[DATA TO USE]
____
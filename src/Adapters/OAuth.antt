-- ===== src/Adapters/OAuth.antt =====
-- The OAuth client and the token store of src/adapters/mercadolibre.py. The HTTP client is made and
-- closed around a request; only its base URL matters here.
pub mod Tokens
pub mod Requests
use retail_order_sync_hub.Base.{
  ℕ, ◌+◌, ◌-◌, ◌*◌, suc, ℤ, pos, negsuc, String, ◌==◌, string_eq, Bool, true, false, ◌&&◌, Option,
  none, some, List, [], ◌∷◌, ◌++◌, cat, find, any, int_of, leb, ltb, if◌then◌else◌,
}
use retail_order_sync_hub.Access.{get, index}
use retail_order_sync_hub.Json.{Value, null, bool, int, float, str, arr, obj, items, dict}
use retail_order_sync_hub.Config.{Settings}
use retail_order_sync_hub.Model.{OAuthToken}
use retail_order_sync_hub.Services.{Runtime, str_value, outside}
use retail_order_sync_hub.World.{World}
use retail_order_sync_hub.Exec.{
  Exc, runtime_error, value_error, type_error, http_error, other, Result, ok, err, bind_result,
  Exec, pure, raise, lift, gets, modify, ◌>>=◌, ◌>>◌,
}
use retail_order_sync_hub.Adapters.Dto.{OrderItemDto, OrderDto, PushResult, Adapter}
use retail_order_sync_hub.Adapters.Http.{
  HttpResponse, HttpRequest, Http, Seconds, request_with_retry,
}
use retail_order_sync_hub.Adapters.Paris.{push_result, check_status}
use retail_order_sync_hub.Outbox.Processor.{second}

abbrev pub provider : String
provider = "mercadolibre"

pub record Token : Type 0 where
  pub access_token : String
  pub refresh_token : Option String
  pub expires_at : ℕ

-- The row of the provider, whose name is unique in the table.
unfoldable pub is_provider : String → OAuthToken → Bool
is_provider name row = row.provider == name

abbrev with_expiry : OAuthToken → Option ℕ → Option Token
with_expiry row none = none
with_expiry row (some at) =
    some (record {
      access_token = row.access_token;
      refresh_token = row.refresh_token;
      expires_at = at;
    })

abbrev of_row : Option OAuthToken → Option Token
of_row none = none
of_row (some row) = with_expiry row row.expires_at

-- `DbTokenStore.load`
unfoldable pub load : String → List OAuthToken → Option Token
unfolding is_provider
load name rows = of_row (find (is_provider name) rows)

abbrev pub token_row : String → Token → OAuthToken
token_row name token = record {
  provider = name;
  access_token = token.access_token;
  refresh_token = token.refresh_token;
  expires_at = some token.expires_at;
}

-- `DbTokenStore.save`: the provider's row is overwritten, or added.
unfoldable pub save : String → Token → List OAuthToken → List OAuthToken
unfolding is_provider
save name token [] = token_row name token ∷ []
save name token (row ∷ rows) =
    let rest = save name token rows in
    if is_provider name row then token_row name token ∷ rows else row ∷ rest

-- int(v)
abbrev pub int_value : Value → Result ℤ
int_value (int n) = ok n
int_value (float n b text) = ok n
int_value (bool b) = ok (pos (if b then 1 else 0))
int_value (str s) = of_text (int_of s)
  where
    of_text : Option ℤ → Result ℤ
    of_text none = err (value_error "invalid literal for int() with base 10")
    of_text (some n) = ok n
int_value _ = err (type_error "int() argument must be a string or a real number")

-- now + timedelta(seconds=n)
abbrev pub plus_seconds : ℕ → ℤ → ℕ
plus_seconds now (pos n) = now + n * second
plus_seconds now (negsuc n) = now - suc n * second

-- A token's text, as its column stores it.
abbrev pub column_text : Value → Result String
column_text (str s) = ok s
column_text _ = err (other "the column holds a text")

abbrev pub column_option : Option Value → Result (Option String)
column_option none = ok none
column_option (some null) = ok none
column_option (some (str s)) = ok (some s)
column_option (some _) = err (other "the column holds a text")

-- The token of an answer of `/oauth/token` that is received at `now`.
unfoldable pub token_of : ℕ → Value → Result Token
token_of now body = bind_result (index body "expires_in") λ expires_in.
    bind_result (int_value expires_in) λ n. bind_result (index body "access_token") λ access.
      bind_result (get body "refresh_token") λ refresh.
        bind_result (column_text access) λ access_token.
          bind_result (column_option refresh) λ refresh_token. ok (record {
            access_token = access_token;
            refresh_token = refresh_token;
            expires_at = plus_seconds now n;
          })

-- resp.raise_for_status()
abbrev pub raise_for_status : {E : Type 0} → HttpResponse → Exec E HttpResponse
raise_for_status resp =
    if leb 200 resp.status_code && ltb resp.status_code 300
    then pure resp
    else raise (http_error resp.status_code resp.error_text)

module _ {E : Type 0} (rt : Runtime) (http : Http E) (seconds : Seconds) (settings : Settings) where
  -- `_token_request`
  unfoldable pub token_request : List (String × Value) → Exec (World E) Token
  unfolding outside
  token_request payload = do
    resp ← outside (
        http.request (record {
          method = "POST";
          url = cat (settings.ml_api_base ∷ "/oauth/token" ∷ []);
          headers = [];
          content = dict (
              ("client_id", str settings.ml_client_id)
              ∷ ("client_secret", str settings.ml_client_secret)
              ∷ payload);
        }))
    resp' ← raise_for_status resp
    body ← lift resp'.json
    now ← gets (λ (w : World E). w.clock)
    lift (token_of now body)

  -- The store commits in a session of its own.
  unfoldable pub save_token : Token → Exec (World E) (Unit {0})
  save_token token = modify (λ (w : World E). record w {
    db = record w.db { oauth_tokens = save provider token w.db.oauth_tokens };
  })

  unfoldable pub exchange_code : String → Exec (World E) Token
  exchange_code code = do
    token ← token_request (
        ("grant_type", str "authorization_code")
        ∷ ("code", str code)
        ∷ ("redirect_uri", str settings.ml_redirect_uri)
        ∷ [])
    save_token token
    pure token

  abbrev pub no_refresh : Exec (World E) Token
  no_refresh = raise (runtime_error "no refresh token stored — run the auth flow first")

  abbrev pub refresh_with : Option String → Exec (World E) Token
  refresh_with none = no_refresh
  refresh_with (some refresh_token) = if refresh_token == "" then no_refresh else (do
    token ←
        token_request
          (("grant_type", str "refresh_token") ∷ ("refresh_token", str refresh_token) ∷ [])
    save_token token
    pure token)

  unfoldable pub refresh_current : Option Token → Exec (World E) Token
  unfolding token_request save_token
  refresh_current none = no_refresh
  refresh_current (some current) = refresh_with current.refresh_token

  unfoldable pub refresh : Exec (World E) Token
  unfolding refresh_current
  refresh = do
    current ← gets (λ (w : World E). load provider w.db.oauth_tokens)
    refresh_current current

  -- now >= expires_at - skew
  abbrev pub is_stale : ℕ → Token → Bool
  is_stale now token = leb (token.expires_at - settings.ml_refresh_skew_seconds * second) now

  unfoldable pub token_to_use : Option Token → Exec (World E) Token
  unfolding refresh
  token_to_use none = raise (runtime_error "no token stored — run the auth flow first")
  token_to_use (some current) = do
    now ← gets (λ (w : World E). w.clock)
    if is_stale now current then refresh else pure current

  unfoldable pub valid_access_token : Exec (World E) String
  unfolding token_to_use
  valid_access_token = do
    current ← gets (λ (w : World E). load provider w.db.oauth_tokens)
    token ← token_to_use current
    pure token.access_token
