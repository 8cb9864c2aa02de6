-- ===== src/Adapters/MercadoLibre.antt =====
-- `MercadoLibreAdapter` of src/adapters/mercadolibre.py. The HTTP client is made and closed around a
-- request; only its base URL and headers matter here.
use retail_order_sync_hub.Base.{String, string_eq, Option, none, some, List, [], ◌∷◌, cat}
use retail_order_sync_hub.Access.{get, index}
use retail_order_sync_hub.Json.{Value, null, int, str, arr, items, dict}
use retail_order_sync_hub.Config.{Settings}
use retail_order_sync_hub.Services.{Runtime, str_value, outside}
use retail_order_sync_hub.World.{World}
use retail_order_sync_hub.Exec.{Result, bind_result, Exec, lift, ◌>>=◌}
use retail_order_sync_hub.Adapters.Dto.{OrderItemDto, OrderDto, PushResult, Adapter}
use retail_order_sync_hub.Adapters.Http.{Http, Seconds, request_with_retry}
use retail_order_sync_hub.Adapters.Paris.{push_result, check_status}
use retail_order_sync_hub.Adapters.OAuth.{provider, raise_for_status, valid_access_token}

abbrev pub ml_items : List OrderItemDto → List Value
ml_items [] = []
ml_items (i ∷ is) = dict (("sku", str i.sku) ∷ ("quantity", int i.qty) ∷ []) ∷ ml_items is

unfoldable pub ml_payload : OrderDto → Value
ml_payload order = dict (
    ("external_reference", str order.external_ref)
    ∷ ("buyer", str order.buyer)
    ∷ ("items", arr (items (ml_items order.items)))
    ∷ [])

-- data.get("status", "created")
abbrev status_or_created : Option Value → Value
status_or_created none = str "created"
status_or_created (some v) = v

-- str(data["id"]) and the status
unfoldable pub ml_result : Runtime → Value → Result PushResult
ml_result rt body = bind_result (index body "id") λ id.
    bind_result (get body "status")
      λ status. push_result rt (str (str_value rt id)) (status_or_created status)

module _ {E : Type 0} (rt : Runtime) (http : Http E) (seconds : Seconds) (settings : Settings) where
  unfoldable pub ml_push_order : OrderDto → Exec (World E) PushResult
  unfolding valid_access_token ml_payload
  ml_push_order order = do
    token ← valid_access_token rt http seconds settings
    resp ← outside (
        request_with_retry http seconds settings.adapter_max_attempts (record {
          method = "POST";
          url = cat (settings.ml_api_base ∷ "/orders" ∷ []);
          headers = ("Authorization", cat ("Bearer " ∷ token ∷ [])) ∷ [];
          content = ml_payload order;
        }))
    resp' ← check_status "mercadolibre push_order -> " resp
    body ← lift resp'.json
    lift (ml_result rt body)

  unfoldable pub ml_get : String → Exec (World E) Value
  ml_get path = do
    token ← valid_access_token rt http seconds settings
    resp ← outside (
        http.request (record {
          method = "GET";
          url = cat (settings.ml_api_base ∷ path ∷ []);
          headers = ("Authorization", cat ("Bearer " ∷ token ∷ [])) ∷ [];
          content = null;
        }))
    resp' ← raise_for_status resp
    lift resp'.json

  unfoldable pub get_user : Exec (World E) Value
  unfolding ml_get
  get_user = ml_get "/users/me"

  unfoldable pub ml_order_status : String → Exec (World E) Value
  unfolding ml_get
  ml_order_status marketplace_order_id = do
    body ← ml_get (cat ("/orders/" ∷ marketplace_order_id ∷ []))
    lift (index body "status")

  abbrev pub ml_adapter : Adapter E
  ml_adapter = record { name = provider; push_order = ml_push_order }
____
[ASSIGNMENT] Scan the entries above for the line containing "resp' ← check_status", and copy it and all lines after it exactly, down to and including the line containing "abbrev pub ml_adapter : Adapter E".

[ANSWER BOX]
    resp' ← check_status "mercadolibre push_order -> " resp
    body ← lift resp'.json
    lift (ml_result rt body)

  unfoldable pub ml_get : String → Exec (World E) Value
  ml_get path = do
    token ← valid_access_token rt http seconds settings
    resp ← outside (
        http.request (record {
          method = "GET";
          url = cat (settings.ml_api_base ∷ path ∷ []);
          headers = ("Authorization", cat ("Bearer " ∷ token ∷ [])) ∷ [];
          content = null;
        }))
    resp' ← raise_for_status resp
    lift resp'.json

  unfoldable pub get_user : Exec (World E) Value
  unfolding ml_get
  get_user = ml_get "/users/me"

  unfoldable pub ml_order_status : String → Exec (World E) Value
  unfolding ml_get
  ml_order_status marketplace_order_id = do
    body ← ml_get (cat ("/orders/" ∷ marketplace_order_id ∷ []))
    lift (index body "status")

  abbrev pub ml_adapter : Adapter E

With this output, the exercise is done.